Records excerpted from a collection

# # # # # # #

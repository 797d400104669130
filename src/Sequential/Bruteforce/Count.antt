-- ===== src/Sequential/Bruteforce/Count.antt =====
-- The counts that the baseline returns.
use cycle_enumeration_gpu.Prelude.{
  ℕ, ◌+◌, ◌≤◌, ◌<◌, ◌≡◌, refl, ◌∙◌, List, [], ◌∷◌, Option, none, some, ◌==◌, if◌then◌else◌, length,
  All, All-of_mem, ◌∈◌, arith, ok,
}
use native.Mathlib.Nat.{mod-eq_of_lt}
use cycle_enumeration_gpu.Core.Histogram.{max_count, CycleHistogram, no_cycles, count}
use cycle_enumeration_gpu.Core.Histogram.Laws.{
  weight, increment_all_returns, count-increment_all, count-no_cycles,
}
use cycle_enumeration_gpu.Core.GraphView.{GraphView}
use cycle_enumeration_gpu.Core.GraphView.Rows.{IsValid}
use cycle_enumeration_gpu.Cycles.{cycle_length, tally}
use cycle_enumeration_gpu.Cycles.Complete.{all_cycles_iff, IsCycle-length}
use cycle_enumeration_gpu.Cycles.Views.{successors, view_cycles, successors-lt}
use cycle_enumeration_gpu.Sequential.Bruteforce.{count_simple_cycles, validate_max_cycle_length}
use cycle_enumeration_gpu.Sequential.Bruteforce.Simple.{count_simple_cycles_lem}

-- A limit that the counters accept.
abbrev pub FitsLimit : Option ℕ → Type 0
FitsLimit none = Unit {0}
FitsLimit (some most) = 2 ≤ most

-- How many walks of the list have the length.
abbrev pub how_many : ℕ → List (List ℕ) → ℕ
how_many size [] = 0
how_many size (c ∷ cs) = (if size == length c then 1 else 0) + how_many size cs

abbrev pub FitsLength : List ℕ → Type 0
FitsLength c = (2 ≤ length c) × (length c < 4294967296)

pub weight-tally :
    (size : ℕ) (cs : List (List ℕ)) → All FitsLength cs → weight size (tally cs) ≡ how_many size cs
weight-tally size [] a = refl
weight-tally size (c ∷ cs) a =
    let e : cycle_length c ≡ length c = mod-eq_of_lt a.0.1 in
    ground (arith, e, weight-tally size cs)

pub tally-lengths : (cs : List (List ℕ)) → All FitsLength cs → All (λ (k, c). 2 ≤ k) (tally cs)
tally-lengths [] a = tt
tally-lengths (c ∷ cs) a =
    let e : cycle_length c ≡ length c = mod-eq_of_lt a.0.1 in (omega arith, tally-lengths cs a.1)

pub how_many-le : (size : ℕ) (cs : List (List ℕ)) → how_many size cs ≤ length cs
how_many-le size [] = omega arith
how_many-le size (c ∷ cs) = ground (arith, how_many-le size cs)

accepts : (limit : Option ℕ) → FitsLimit limit → validate_max_cycle_length limit ≡ ok tt
unfolding validate_max_cycle_length
accepts none h = refl
accepts (some most) h = ground arith

pub view_cycles-FitsLength :
    (g : GraphView) (limit : Option ℕ)
    → IsValid g
    → g.vertex_count < 4294967296
    → (c : List ℕ) → c ∈ view_cycles g limit
    → FitsLength c
view_cycles-FitsLength g limit valid small c m =
    let n = g.vertex_count in
    let bounded = successors-lt g valid in
    let (root, lt, cycle) = (all_cycles_iff (successors g) limit n bounded c).0 m in
    let size = IsCycle-length (successors g) limit n bounded root lt cycle in omega arith

-- On a valid view of fewer than 2^32 vertices, with a limit that is absent or at least 2, and where
-- fewer than 2^64 cycles keep to the limit, the counter returns, and at every length its count is
-- the number of simple cycles of that length.
pub count_simple_cycles_counts :
    (g : GraphView) (limit : Option ℕ)
    → IsValid g
    → g.vertex_count < 4294967296
    → FitsLimit limit
    → length (view_cycles g limit) ≤ max_count
    → (h : CycleHistogram) × (count_simple_cycles g limit ≡ ok h)
      × ((size : ℕ) → count h size ≡ how_many size (view_cycles g limit))
count_simple_cycles_counts g limit valid small fits few =
    let cs = view_cycles g limit in
    let lengths : All FitsLength cs =
      All-of_mem FitsLength cs (view_cycles-FitsLength g limit valid small) in
    let (h, e) = increment_all_returns (tally cs) no_cycles (tally-lengths cs lengths) (λ size.
      omega (arith, count-no_cycles size, weight-tally size cs lengths, how_many-le size cs)) in
    (
      h,
      count_simple_cycles_lem g limit valid ∙ rw (accepts limit fits) e,
      λ size. omega (
        arith,
        count-increment_all (tally cs) no_cycles h size e,
        count-no_cycles size,
        weight-tally size cs lengths,
      ),
    )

# # # # # # #

**ABOUT THIS TASK:** Transcribe each line of the data above, unaltered, from the one where "accepts none h = refl" appears to the one where "All-of_mem FitsLength cs" appears, inclusive of both.

**SOLUTION TO THIS PROBLEM:**
accepts none h = refl
accepts (some most) h = ground arith

pub view_cycles-FitsLength :
    (g : GraphView) (limit : Option ℕ)
    → IsValid g
    → g.vertex_count < 4294967296
    → (c : List ℕ) → c ∈ view_cycles g limit
    → FitsLength c
view_cycles-FitsLength g limit valid small c m =
    let n = g.vertex_count in
    let bounded = successors-lt g valid in
    let (root, lt, cycle) = (all_cycles_iff (successors g) limit n bounded c).0 m in
    let size = IsCycle-length (successors g) limit n bounded root lt cycle in omega arith

-- On a valid view of fewer than 2^32 vertices, with a limit that is absent or at least 2, and where
-- fewer than 2^64 cycles keep to the limit, the counter returns, and at every length its count is
-- the number of simple cycles of that length.
pub count_simple_cycles_counts :
    (g : GraphView) (limit : Option ℕ)
    → IsValid g
    → g.vertex_count < 4294967296
    → FitsLimit limit
    → length (view_cycles g limit) ≤ max_count
    → (h : CycleHistogram) × (count_simple_cycles g limit ≡ ok h)
      × ((size : ℕ) → count h size ≡ how_many size (view_cycles g limit))
count_simple_cycles_counts g limit valid small fits few =
    let cs = view_cycles g limit in
    let lengths : All FitsLength cs =
      All-of_mem FitsLength cs (view_cycles-FitsLength g limit valid small) in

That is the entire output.